Challenges and emerging solutions
Agriculture is faced with an urgent need to evolve in response to the global challenges of the 21 century. The recently released IPCC climate report indicates a faster progression of climate change than previously expected. Climate models predict severe impacts for agriculture on a global level. In Europe, severe impact on yield due to temperature increase and changes in precipitation is imminent [1]. Globally major impacts of soil erosion in tropical regions will reduce the farmable area [2]. Currently classical breeding for spring wheat can barely mitigate the existing yield affecting factors, and the situation is projected to get worse [1]. Looking into other aspects agriculture needs to battle, like the impact of pests, biodiversity, soil depletion and extensive fertilizer and chemical use, it is evident that a second green revolution of agriculture and plant breeding is urgently needed.
The advent of site-specific nuclease (SSN) based genome editing technologies have resulted in a great interest in their applications in plant breeding. Much emphasis has been placed on the ability of genome editing technologies to introduce beneficial mutations in an elite genetic background without the high number of background mutations or linkage drag associated with conventional approaches. However, this ‘precision breeding’ strategy has limitations 1) it requires knowledge about the identity and function of the target gene and 2) it only applies to traits which can be modified through one or a few genes. A different strategy is clearly in need for exploiting the full diversity of adaption found in nature. We propose that the answer may lie in turning the concept of precision breeding upside down. Rather than attempting to first understand and then re-engineer the complex genetic networks that confer environmental adaptation to wild plants, it may be more feasible to acquire these networks for agriculture by domesticating the wild plant itself.

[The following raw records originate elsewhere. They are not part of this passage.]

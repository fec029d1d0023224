-- ===== src/Config/Load.antt =====
-- `LoadConfig` of internal/pbr/config.go behind the JSON decoder: `url.Parse`, `net.SplitHostPort` and
-- `strconv.Atoi` are parameters. A number that `Atoi` gives as negative is `none` here: where it is
-- called, the code refuses both alike.
use netflix_pbrd.Base.{
  ℕ, Bool, true, false, not, ◌&&◌, ◌||◌, List, [], ◌∷◌, ◌++◌, Option, none, some, Text, length, ltb,
  leb, ◌==◌, if◌then◌else◌, Result, ok, err, Error, text, quoted, wrapped, codes, is_some,
}
use netflix_pbrd.Text.{text_eq, trim_suffix}
use netflix_pbrd.Net.{parse_ip, to4, parse_cidr, Ip}
use netflix_pbrd.Networks.{validate_networks, default_max_networks}
use netflix_pbrd.Config.{
  Role, controller, agent, is_agent, ApiConfig, DnsProxyConfig, ApplyConfig, Config, poll_interval,
  reapply_every,
}

-- `url.Parse`: the scheme and the host.
pub record Url : Type 0 where
  pub scheme : Text
  pub host : Text

pub record Parsers : Type 0 where
  pub parse_url : Text → Option Url
  pub split_host_port : Text → Option (Text × Text)
  pub atoi : Text → Option ℕ
  pub parse_duration : Text → Option ℕ

abbrev pub is_set : Text → Bool
is_set [] = false
is_set (c ∷ s) = true

-- The patterns.
abbrev pub is_word_byte : ℕ → Bool
is_word_byte c =
    leb b'A' c && leb c b'Z' || leb b'a' c && leb c b'z' || leb b'0' c && leb c b'9' || c == b'_'

abbrev is_interface_byte : ℕ → Bool
is_interface_byte c = is_word_byte c || c == b'.' || c == b'-'

abbrev is_identifier_byte : ℕ → Bool
is_identifier_byte c = is_interface_byte c || c == b'@' || c == b'[' || c == b']'

abbrev pub is_hex_byte : ℕ → Bool
is_hex_byte c = leb b'0' c && leb c b'9' || leb b'A' c && leb c b'F' || leb b'a' c && leb c b'f'

abbrev pub all_bytes : (ℕ → Bool) → Text → Bool
all_bytes test [] = true
all_bytes test (c ∷ s) = test c && all_bytes test s

abbrev between : ℕ → ℕ → ℕ → Bool
between low high n = leb low n && leb n high

unfoldable pub interface_pattern : Text → Bool
interface_pattern s = all_bytes is_interface_byte s && between 1 15 (length s)

unfoldable pub identifier_pattern : Text → Bool
identifier_pattern s = all_bytes is_identifier_byte s && leb 1 (length s)

unfoldable pub chain_pattern : Text → Bool
chain_pattern s = all_bytes is_word_byte s && between 1 20 (length s)

unfoldable pub hex_pattern : Text → Bool
hex_pattern (zero_byte ∷ x ∷ digits) =
    zero_byte == b'0' && x == b'x' && all_bytes is_hex_byte digits && between 1 8 (length digits)
hex_pattern _ = false

unfoldable pub valid_input_interface : Text → Bool
valid_input_interface value = interface_pattern (trim_suffix value (codes "+"))

abbrev is_v4 : Option Ip → Bool
is_v4 none = false
is_v4 (some ip) = is_some (to4 ip)

unfoldable pub valid_ipv4_cidr : Text → Bool
valid_ipv4_cidr value = elim (parse_cidr value) [ none ↦ false | some parts ↦ is_v4 (some parts.0) ]

-- The first error of checks that follow one another.
unfoldable pub first_error : List (Result (Unit {0})) → Result (Unit {0})
first_error [] = ok tt
first_error (ok u ∷ checks) = first_error checks
first_error (err e ∷ checks) = err e

abbrev pub refuse : Bool → Error → Result (Unit {0})
refuse true e = err e
refuse false e = ok tt

abbrev pub ignore : {A : Type 0} → Result A → Result (Unit {0})
ignore (ok a) = ok tt
ignore (err e) = err e

abbrev pub wrap : {A : Type 0} → Text → Result A → Result (Unit {0})
wrap prefix (ok a) = ok tt
wrap prefix (err e) = err (wrapped prefix e)

abbrev pub parse_role : Text → Option Role
parse_role role =
    if text_eq role (codes "controller")
    then some controller
    else if text_eq role (codes "agent")
    then some agent
    else none

abbrev pub is_max : ℕ → Bool
is_max = between 1 65535

module _ (parsers : Parsers) where
  open parsers use {parse_url, split_host_port, atoi, parse_duration}

  abbrev valid_port : Option ℕ → Bool
  valid_port none = false
  valid_port (some port) = ltb 0 port && leb port 65535

  abbrev valid_address : Option (Text × Text) → Bool
  valid_address none = false
  valid_address (some (host, port)) =
      is_set host && is_set port && valid_port (atoi port) && is_some (parse_ip host)

  unfoldable pub valid_host_port : Text → Bool
  valid_host_port value = valid_address (split_host_port value)

  -- The source of an agent: an absolute URL, and HTTPS unless the configuration says otherwise.
  abbrev pub check_url : Bool → Option Url → Result (Unit {0})
  check_url insecure none = err (text (codes "api.source_url must be an absolute URL"))
  check_url insecure (some url) =
      if not (is_set url.host) || not (is_set url.scheme)
      then err (text (codes "api.source_url must be an absolute URL"))
      else refuse (not (text_eq url.scheme (codes "https")) && not insecure)
          (text (codes "HTTPS source_url is required unless allow_insecure_http is true"))

  abbrev pub check_source : Role → ApiConfig → Result (Unit {0})
  check_source controller api = ok tt
  check_source agent api = first_error (
      refuse (not (is_set api.source_url)) (text (codes "agent requires api.source_url"))
      ∷ check_url api.allow_insecure_http (parse_url api.source_url)
      ∷ [])

  abbrev check_doh_url : Option Url → Result (Unit {0})
  check_doh_url none = err (text (codes "dns_proxy.doh_url must be an absolute HTTP or HTTPS URL"))
  check_doh_url (some url) =
      refuse
        (not (is_set url.host)
          || not (text_eq url.scheme (codes "http")) && not (text_eq url.scheme (codes "https")))
        (text (codes "dns_proxy.doh_url must be an absolute HTTP or HTTPS URL"))

  abbrev bool_same : Bool → Bool → Bool
  bool_same b d = if b then d else not d

  unfoldable pub check_dns_proxy : DnsProxyConfig → Result (Unit {0})
  unfolding first_error
  check_dns_proxy dns =
      if is_set dns.listen || is_set dns.upstream || is_set dns.doh_url
      then first_error (
          refuse (not (valid_host_port dns.listen))
            (text (codes "dns_proxy.listen must be a valid host:port address"))
          ∷ refuse (bool_same (not (is_set dns.upstream)) (not (is_set dns.doh_url)))
              (text (codes "dns_proxy requires exactly one of upstream or doh_url"))
          ∷ refuse (is_set dns.upstream && not (valid_host_port dns.upstream))
              (text (codes "dns_proxy.upstream must be a valid host:port address"))
          ∷ refuse (is_set dns.upstream && text_eq dns.listen dns.upstream)
              (text (codes "dns_proxy.listen and dns_proxy.upstream must differ"))
          ∷ (if is_set dns.doh_url then check_doh_url (parse_url dns.doh_url) else ok tt)
          ∷ [])
      else ok tt

  abbrev valid_priority : Option ℕ → Bool
  valid_priority none = false
  valid_priority (some priority) = leb 1 priority && leb priority 32765

  abbrev check_base : List Text → Result (Unit {0})
  check_base [] = ok tt
  check_base (network ∷ networks) =
      let rest = check_base networks in
      if valid_ipv4_cidr network
      then rest
      else err (quoted (codes "invalid base_allowed network ") network)

  unfoldable pub check_driver : ApplyConfig → Result (Unit {0})
  check_driver c =
      if text_eq c.driver (codes "wg-route")
      then refuse (not (is_set c.interface) || not (is_set c.peer))
          (text (codes "wg-route requires interface and peer"))
      else if text_eq c.driver (codes "linux-edge")
      then refuse (not (is_set c.interface) || not (is_set c.peer) || not (is_set c.source_net))
          (text (codes "linux-edge requires interface, peer, and source_net"))
      else if text_eq c.driver (codes "openwrt-pbr")
      then refuse
          (not (is_set c.pbr_section)
            || not (is_set c.firewall_section)
            || not (identifier_pattern c.pbr_section)
            || not (identifier_pattern c.firewall_section))
          (text (codes "openwrt-pbr requires pbr_section and firewall_section"))
      else if text_eq c.driver (codes "linux-exit") || text_eq c.driver (codes "nft-exit")
      then refuse (not (is_set c.source_net) || not (is_set c.wan_interface))
          (text (c.driver ++ codes " requires source_net and wan_interface"))
      else err (quoted (codes "unsupported apply driver ") c.driver)

  abbrev pub checks_of_apply : ApplyConfig → List (Result (Unit {0}))
  checks_of_apply c =
      refuse (is_set c.interface && not (interface_pattern c.interface))
        (quoted (codes "invalid interface ") c.interface)
      ∷ refuse (is_set c.input_interface && not (valid_input_interface c.input_interface))
          (quoted (codes "invalid input_interface ") c.input_interface)
      ∷ refuse (is_set c.wan_interface && not (interface_pattern c.wan_interface))
          (quoted (codes "invalid wan_interface ") c.wan_interface)
      ∷ refuse (is_set c.chain && not (chain_pattern c.chain))
          (quoted (codes "invalid chain ") c.chain)
      ∷ refuse (is_set c.table && not (identifier_pattern c.table))
          (quoted (codes "invalid table ") c.table)
      ∷ refuse (is_set c.rule_priority && not (valid_priority (atoi c.rule_priority)))
          (quoted (codes "invalid rule_priority ") c.rule_priority)
      ∷ refuse (is_set c.mark && not (hex_pattern c.mark)) (quoted (codes "invalid mark ") c.mark)
      ∷ refuse (is_set c.mask && not (hex_pattern c.mask)) (quoted (codes "invalid mask ") c.mask)
      ∷ refuse (is_set c.next_hop && not (is_v4 (parse_ip c.next_hop)))
          (quoted (codes "invalid next_hop ") c.next_hop)
      ∷ refuse (is_set c.source_net && not (valid_ipv4_cidr c.source_net))
          (quoted (codes "invalid source_net ") c.source_net)
      ∷ check_base c.base_allowed
      ∷ check_driver c
      ∷ []

  unfoldable pub check_apply : ApplyConfig → Result (Unit {0})
  unfolding first_error
  check_apply c = first_error (checks_of_apply c)

  unfoldable pub check_applies : List ApplyConfig → Result (Unit {0})
  check_applies [] = ok tt
  check_applies (c ∷ cs) = first_error (check_apply c ∷ check_applies cs ∷ [])

  abbrev pub with_max : Config → Config
  with_max c = record c {
    max_networks = if c.max_networks == 0 then default_max_networks else c.max_networks;
  }

  -- The checks in their order, on the configuration with its default limit.
  abbrev pub checks : Config → List (Result (Unit {0}))
  checks c =
      refuse (not (is_set c.state_file)) (text (codes "state_file is required"))
      ∷ check_source c.role c.api
      ∷ refuse (not (is_set c.api.token)) (text (codes "api.token is required"))
      ∷ refuse (ltb (length c.api.token) 32)
          (text (codes "api.token must contain at least 32 characters"))
      ∷ refuse (ltb (length c.api.report_token) 32)
          (text (codes "api.report_token must contain at least 32 characters"))
      ∷ refuse (text_eq c.api.report_token c.api.token)
          (text (codes "api.report_token must differ from api.token"))
      ∷ refuse (not (is_max c.max_networks))
          (text (codes "max_networks must be between 1 and 65535"))
      ∷ wrap (codes "seed_networks") (validate_networks c.seed_networks false c.max_networks)
      ∷ refuse (not (is_agent c.role) && not (is_set c.api.listen))
          (text (codes "controller requires api.listen"))
      ∷ refuse
          (is_set c.api.listen
            && (not (is_set c.api.tls_cert) || not (is_set c.api.tls_key))
            && not c.api.allow_insecure_http)
          (text (codes "TLS is required unless allow_insecure_http is true"))
      ∷ check_dns_proxy c.dns_proxy
      ∷ check_applies c.apply
      ∷ ignore (poll_interval parse_duration c)
      ∷ ignore (reapply_every parse_duration c)
      ∷ []

  abbrev pub checked : Config → Result (Unit {0}) → Result Config
  checked c (ok u) = ok c
  checked c (err e) = err e

  abbrev pub load_as : Option Role → Config → Result Config
  load_as none c = err (text (codes "role must be controller or agent"))
  load_as (some role) c =
      let given = with_max (record c { role = role }) in checked given (first_error (checks given))

  -- The decoded configuration, its role still a text.
  unfoldable pub load_config : Text → Config → Result Config
  load_config role c = load_as (parse_role role) c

The major stable crops of the modern world were domesticated in prehistoric times and perfected over millennia. Although there are some examples of modern domestication like blueberries, blackberries or strawberries, these novelty crops do not compete directly with the staples [3-5]. It is undoubtedly a bold proposal to re- or de novo - domesticate staple crops. However, we do so because we see the synergy of progress in two areas. Genome editing technology and molecular characterization of the genes behind the domestication syndrome in major crops. Thus, it should be feasible to accomplish or repeat domestication by the application of genome editing to wild plants by using already domesticated relatives as a roadmap. We propose to call that approach “G enome E diting a cceleratedRe -D omestication” (GEaReD ) (see Fig. 1).
GEaReD rely on the natural selection happened over millions of years to secure adaptation and resilience. Agronomic and possibly food safety traits are then introduced with techniques such as CRISPR/Cas9, CRISPR/Cas9 Integrase/Isomerase or PRIME-CRISPR to create highly adapted plants with yield and quality that can compete with current cultivars (see Fig. 1). Since Genome Editing can accelerate breeding substantially, it would be possible to generate new cultivars in 2-4 years compared to the current much longer timeframe. The road tode novo domestication of wild plants for new breeding material or even new cultivars has never been shorter. The first examples include the de novo domestication of a ground cherry (Physalis pruinosa ) and wild tomatoes [6, 7]. These first reports were shortly followed by reports on cereal de novo domestication. Recently work on African rice landraces, and their ability to accelerate domestication and development by CRISPR-mediated genome editing was published [8]. Furthermore, a roadmap including the necessary tools and examples of their application for the domestication of allotetraploid rice has been provided [9].